TASK DESCRIPTION: Print out the data below. Do not alter a single line.

Saved entries:
○ ○ ○ ○ ○ ○ ○
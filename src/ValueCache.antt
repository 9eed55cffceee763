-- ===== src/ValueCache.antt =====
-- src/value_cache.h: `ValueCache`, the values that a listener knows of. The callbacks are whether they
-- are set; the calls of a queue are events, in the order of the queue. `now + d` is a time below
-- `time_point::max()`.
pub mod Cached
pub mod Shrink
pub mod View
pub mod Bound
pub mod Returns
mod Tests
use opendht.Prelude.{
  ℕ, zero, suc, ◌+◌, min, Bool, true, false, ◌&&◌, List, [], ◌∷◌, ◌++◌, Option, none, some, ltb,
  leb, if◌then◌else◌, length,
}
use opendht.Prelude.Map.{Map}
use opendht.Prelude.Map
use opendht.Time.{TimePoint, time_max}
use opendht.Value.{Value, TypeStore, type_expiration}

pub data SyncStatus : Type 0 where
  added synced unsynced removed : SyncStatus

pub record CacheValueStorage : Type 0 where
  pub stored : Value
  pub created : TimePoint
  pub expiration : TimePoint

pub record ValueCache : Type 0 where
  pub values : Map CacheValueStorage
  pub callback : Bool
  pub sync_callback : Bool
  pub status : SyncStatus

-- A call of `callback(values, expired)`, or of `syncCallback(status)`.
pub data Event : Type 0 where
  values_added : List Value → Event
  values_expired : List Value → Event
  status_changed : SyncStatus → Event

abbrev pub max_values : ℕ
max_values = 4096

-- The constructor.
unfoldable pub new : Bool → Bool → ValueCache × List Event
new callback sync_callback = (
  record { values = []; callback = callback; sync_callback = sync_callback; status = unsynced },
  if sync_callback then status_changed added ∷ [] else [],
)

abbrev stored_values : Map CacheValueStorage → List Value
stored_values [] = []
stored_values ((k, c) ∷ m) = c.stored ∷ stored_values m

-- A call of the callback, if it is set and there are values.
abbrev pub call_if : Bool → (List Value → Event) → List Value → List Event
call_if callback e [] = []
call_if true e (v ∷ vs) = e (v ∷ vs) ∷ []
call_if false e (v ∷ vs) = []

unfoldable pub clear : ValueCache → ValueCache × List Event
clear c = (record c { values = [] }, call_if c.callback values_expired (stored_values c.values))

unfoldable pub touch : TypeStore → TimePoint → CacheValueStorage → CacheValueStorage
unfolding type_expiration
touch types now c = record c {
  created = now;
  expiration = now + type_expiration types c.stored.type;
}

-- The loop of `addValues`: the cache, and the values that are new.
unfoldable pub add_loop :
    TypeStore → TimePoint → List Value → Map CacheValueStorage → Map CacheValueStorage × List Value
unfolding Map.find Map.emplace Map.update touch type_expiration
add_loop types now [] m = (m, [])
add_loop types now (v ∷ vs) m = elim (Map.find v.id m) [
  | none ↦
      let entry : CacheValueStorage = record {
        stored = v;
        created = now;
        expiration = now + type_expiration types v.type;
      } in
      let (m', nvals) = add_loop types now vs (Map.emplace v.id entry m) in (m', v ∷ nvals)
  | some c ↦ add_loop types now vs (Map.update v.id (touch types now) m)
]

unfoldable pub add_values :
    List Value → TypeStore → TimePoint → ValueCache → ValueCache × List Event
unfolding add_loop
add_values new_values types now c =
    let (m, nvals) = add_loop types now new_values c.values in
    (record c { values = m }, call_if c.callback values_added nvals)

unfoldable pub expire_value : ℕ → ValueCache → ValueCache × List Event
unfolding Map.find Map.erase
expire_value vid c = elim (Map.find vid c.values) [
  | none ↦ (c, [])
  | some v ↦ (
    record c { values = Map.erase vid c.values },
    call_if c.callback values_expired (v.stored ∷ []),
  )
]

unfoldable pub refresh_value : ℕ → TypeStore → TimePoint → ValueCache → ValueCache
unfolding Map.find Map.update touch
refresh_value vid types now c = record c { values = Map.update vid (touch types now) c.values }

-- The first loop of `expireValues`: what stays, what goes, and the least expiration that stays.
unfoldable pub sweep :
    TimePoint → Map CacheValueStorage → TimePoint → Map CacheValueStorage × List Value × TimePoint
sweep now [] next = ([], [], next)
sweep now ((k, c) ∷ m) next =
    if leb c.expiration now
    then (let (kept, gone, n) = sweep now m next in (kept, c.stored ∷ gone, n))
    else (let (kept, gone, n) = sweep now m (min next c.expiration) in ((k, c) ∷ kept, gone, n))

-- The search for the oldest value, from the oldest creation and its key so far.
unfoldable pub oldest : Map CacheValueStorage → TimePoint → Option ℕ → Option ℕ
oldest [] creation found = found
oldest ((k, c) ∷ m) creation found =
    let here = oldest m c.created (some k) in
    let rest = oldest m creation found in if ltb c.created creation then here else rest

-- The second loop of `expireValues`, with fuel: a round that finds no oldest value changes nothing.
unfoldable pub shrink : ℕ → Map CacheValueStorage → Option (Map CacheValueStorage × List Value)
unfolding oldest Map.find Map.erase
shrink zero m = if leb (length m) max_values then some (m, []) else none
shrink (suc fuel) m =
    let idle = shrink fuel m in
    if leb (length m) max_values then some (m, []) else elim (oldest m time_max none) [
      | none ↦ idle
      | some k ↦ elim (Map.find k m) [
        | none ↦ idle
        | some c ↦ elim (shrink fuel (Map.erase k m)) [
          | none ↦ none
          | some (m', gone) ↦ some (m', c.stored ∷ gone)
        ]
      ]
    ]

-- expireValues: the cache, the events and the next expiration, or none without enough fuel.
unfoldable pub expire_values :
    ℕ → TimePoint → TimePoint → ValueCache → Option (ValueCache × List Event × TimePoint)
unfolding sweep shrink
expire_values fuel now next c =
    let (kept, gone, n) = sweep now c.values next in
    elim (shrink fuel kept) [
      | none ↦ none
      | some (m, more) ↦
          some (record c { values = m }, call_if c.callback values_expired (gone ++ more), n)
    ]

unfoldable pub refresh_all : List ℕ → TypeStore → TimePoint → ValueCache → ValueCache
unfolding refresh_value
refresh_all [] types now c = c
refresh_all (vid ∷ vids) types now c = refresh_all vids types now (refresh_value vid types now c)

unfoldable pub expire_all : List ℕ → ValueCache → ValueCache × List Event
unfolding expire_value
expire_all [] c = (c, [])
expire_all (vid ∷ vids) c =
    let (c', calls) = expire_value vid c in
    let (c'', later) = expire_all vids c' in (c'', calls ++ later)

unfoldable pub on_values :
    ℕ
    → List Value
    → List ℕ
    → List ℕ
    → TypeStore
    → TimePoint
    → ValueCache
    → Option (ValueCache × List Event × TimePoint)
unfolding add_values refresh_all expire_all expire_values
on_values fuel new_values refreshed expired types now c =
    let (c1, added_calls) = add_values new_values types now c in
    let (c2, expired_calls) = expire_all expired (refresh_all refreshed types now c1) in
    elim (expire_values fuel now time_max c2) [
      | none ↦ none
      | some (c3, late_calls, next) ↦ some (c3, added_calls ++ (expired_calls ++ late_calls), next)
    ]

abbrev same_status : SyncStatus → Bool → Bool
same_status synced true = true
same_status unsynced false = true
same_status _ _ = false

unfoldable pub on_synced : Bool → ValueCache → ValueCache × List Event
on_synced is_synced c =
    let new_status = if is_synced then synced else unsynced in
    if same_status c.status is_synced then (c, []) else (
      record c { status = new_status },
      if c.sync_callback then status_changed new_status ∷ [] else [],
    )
○ ○ ○ ○ ○ ○ ○
ANSWER BELOW:
filename src/ValueCache.antt
repository 9eed55cffceee763
-- ===== src/ValueCache.antt =====
-- src/value_cache.h: `ValueCache`, the values that a listener knows of. The callbacks are whether they
-- are set; the calls of a queue are events, in the order of the queue. `now + d` is a time below
-- `time_point::max()`.
pub mod Cached
pub mod Shrink
pub mod View
pub mod Bound
pub mod Returns
mod Tests
use opendht.Prelude.{
  ℕ, zero, suc, ◌+◌, min, Bool, true, false, ◌&&◌, List, [], ◌∷◌, ◌++◌, Option, none, some, ltb,
  leb, if◌then◌else◌, length,
}
use opendht.Prelude.Map.{Map}
use opendht.Prelude.Map
use opendht.Time.{TimePoint, time_max}
use opendht.Value.{Value, TypeStore, type_expiration}

pub data SyncStatus : Type 0 where
  added synced unsynced removed : SyncStatus

pub record CacheValueStorage : Type 0 where
  pub stored : Value
  pub created : TimePoint
  pub expiration : TimePoint

pub record ValueCache : Type 0 where
  pub values : Map CacheValueStorage
  pub callback : Bool
  pub sync_callback : Bool
  pub status : SyncStatus

-- A call of `callback(values, expired)`, or of `syncCallback(status)`.
pub data Event : Type 0 where
  values_added : List Value → Event
  values_expired : List Value → Event
  status_changed : SyncStatus → Event

abbrev pub max_values : ℕ
max_values = 4096

-- The constructor.
unfoldable pub new : Bool → Bool → ValueCache × List Event
new callback sync_callback = (
  record { values = []; callback = callback; sync_callback = sync_callback; status = unsynced },
  if sync_callback then status_changed added ∷ [] else [],
)

abbrev stored_values : Map CacheValueStorage → List Value
stored_values [] = []
stored_values ((k, c) ∷ m) = c.stored ∷ stored_values m

-- A call of the callback, if it is set and there are values.
abbrev pub call_if : Bool → (List Value → Event) → List Value → List Event
call_if callback e [] = []
call_if true e (v ∷ vs) = e (v ∷ vs) ∷ []
call_if false e (v ∷ vs) = []

unfoldable pub clear : ValueCache → ValueCache × List Event
clear c = (record c { values = [] }, call_if c.callback values_expired (stored_values c.values))

unfoldable pub touch : TypeStore → TimePoint → CacheValueStorage → CacheValueStorage
unfolding type_expiration
touch types now c = record c {
  created = now;
  expiration = now + type_expiration types c.stored.type;
}

-- The loop of `addValues`: the cache, and the values that are new.
unfoldable pub add_loop :
    TypeStore → TimePoint → List Value → Map CacheValueStorage → Map CacheValueStorage × List Value
unfolding Map.find Map.emplace Map.update touch type_expiration
add_loop types now [] m = (m, [])
add_loop types now (v ∷ vs) m = elim (Map.find v.id m) [
  | none ↦
      let entry : CacheValueStorage = record {
        stored = v;
        created = now;
        expiration = now + type_expiration types v.type;
      } in
      let (m', nvals) = add_loop types now vs (Map.emplace v.id entry m) in (m', v ∷ nvals)
  | some c ↦ add_loop types now vs (Map.update v.id (touch types now) m)
]

unfoldable pub add_values :
    List Value → TypeStore → TimePoint → ValueCache → ValueCache × List Event
unfolding add_loop
add_values new_values types now c =
    let (m, nvals) = add_loop types now new_values c.values in
    (record c { values = m }, call_if c.callback values_added nvals)

unfoldable pub expire_value : ℕ → ValueCache → ValueCache × List Event
unfolding Map.find Map.erase
expire_value vid c = elim (Map.find vid c.values) [
  | none ↦ (c, [])
  | some v ↦ (
    record c { values = Map.erase vid c.values },
    call_if c.callback values_expired (v.stored ∷ []),
  )
]

unfoldable pub refresh_value : ℕ → TypeStore → TimePoint → ValueCache → ValueCache
unfolding Map.find Map.update touch
refresh_value vid types now c = record c { values = Map.update vid (touch types now) c.values }

-- The first loop of `expireValues`: what stays, what goes, and the least expiration that stays.
unfoldable pub sweep :
    TimePoint → Map CacheValueStorage → TimePoint → Map CacheValueStorage × List Value × TimePoint
sweep now [] next = ([], [], next)
sweep now ((k, c) ∷ m) next =
    if leb c.expiration now
    then (let (kept, gone, n) = sweep now m next in (kept, c.stored ∷ gone, n))
    else (let (kept, gone, n) = sweep now m (min next c.expiration) in ((k, c) ∷ kept, gone, n))

-- The search for the oldest value, from the oldest creation and its key so far.
unfoldable pub oldest : Map CacheValueStorage → TimePoint → Option ℕ → Option ℕ
oldest [] creation found = found
oldest ((k, c) ∷ m) creation found =
    let here = oldest m c.created (some k) in
    let rest = oldest m creation found in if ltb c.created creation then here else rest

-- The second loop of `expireValues`, with fuel: a round that finds no oldest value changes nothing.
unfoldable pub shrink : ℕ → Map CacheValueStorage → Option (Map CacheValueStorage × List Value)
unfolding oldest Map.find Map.erase
shrink zero m = if leb (length m) max_values then some (m, []) else none
shrink (suc fuel) m =
    let idle = shrink fuel m in
    if leb (length m) max_values then some (m, []) else elim (oldest m time_max none) [
      | none ↦ idle
      | some k ↦ elim (Map.find k m) [
        | none ↦ idle
        | some c ↦ elim (shrink fuel (Map.erase k m)) [
          | none ↦ none
          | some (m', gone) ↦ some (m', c.stored ∷ gone)
        ]
      ]
    ]

-- expireValues: the cache, the events and the next expiration, or none without enough fuel.
unfoldable pub expire_values :
    ℕ → TimePoint → TimePoint → ValueCache → Option (ValueCache × List Event × TimePoint)
unfolding sweep shrink
expire_values fuel now next c =
    let (kept, gone, n) = sweep now c.values next in
    elim (shrink fuel kept) [
      | none ↦ none
      | some (m, more) ↦
          some (record c { values = m }, call_if c.callback values_expired (gone ++ more), n)
    ]

unfoldable pub refresh_all : List ℕ → TypeStore → TimePoint → ValueCache → ValueCache
unfolding refresh_value
refresh_all [] types now c = c
refresh_all (vid ∷ vids) types now c = refresh_all vids types now (refresh_value vid types now c)

unfoldable pub expire_all : List ℕ → ValueCache → ValueCache × List Event
unfolding expire_value
expire_all [] c = (c, [])
expire_all (vid ∷ vids) c =
    let (c', calls) = expire_value vid c in
    let (c'', later) = expire_all vids c' in (c'', calls ++ later)

unfoldable pub on_values :
    ℕ
    → List Value
    → List ℕ
    → List ℕ
    → TypeStore
    → TimePoint
    → ValueCache
    → Option (ValueCache × List Event × TimePoint)
unfolding add_values refresh_all expire_all expire_values
on_values fuel new_values refreshed expired types now c =
    let (c1, added_calls) = add_values new_values types now c in
    let (c2, expired_calls) = expire_all expired (refresh_all refreshed types now c1) in
    elim (expire_values fuel now time_max c2) [
      | none ↦ none
      | some (c3, late_calls, next) ↦ some (c3, added_calls ++ (expired_calls ++ late_calls), next)
    ]

abbrev same_status : SyncStatus → Bool → Bool
same_status synced true = true
same_status unsynced false = true
same_status _ _ = false

unfoldable pub on_synced : Bool → ValueCache → ValueCache × List Event
on_synced is_synced c =
    let new_status = if is_synced then synced else unsynced in
    if same_status c.status is_synced then (c, []) else (
      record c { status = new_status },
      if c.sync_callback then status_changed new_status ∷ [] else [],
    )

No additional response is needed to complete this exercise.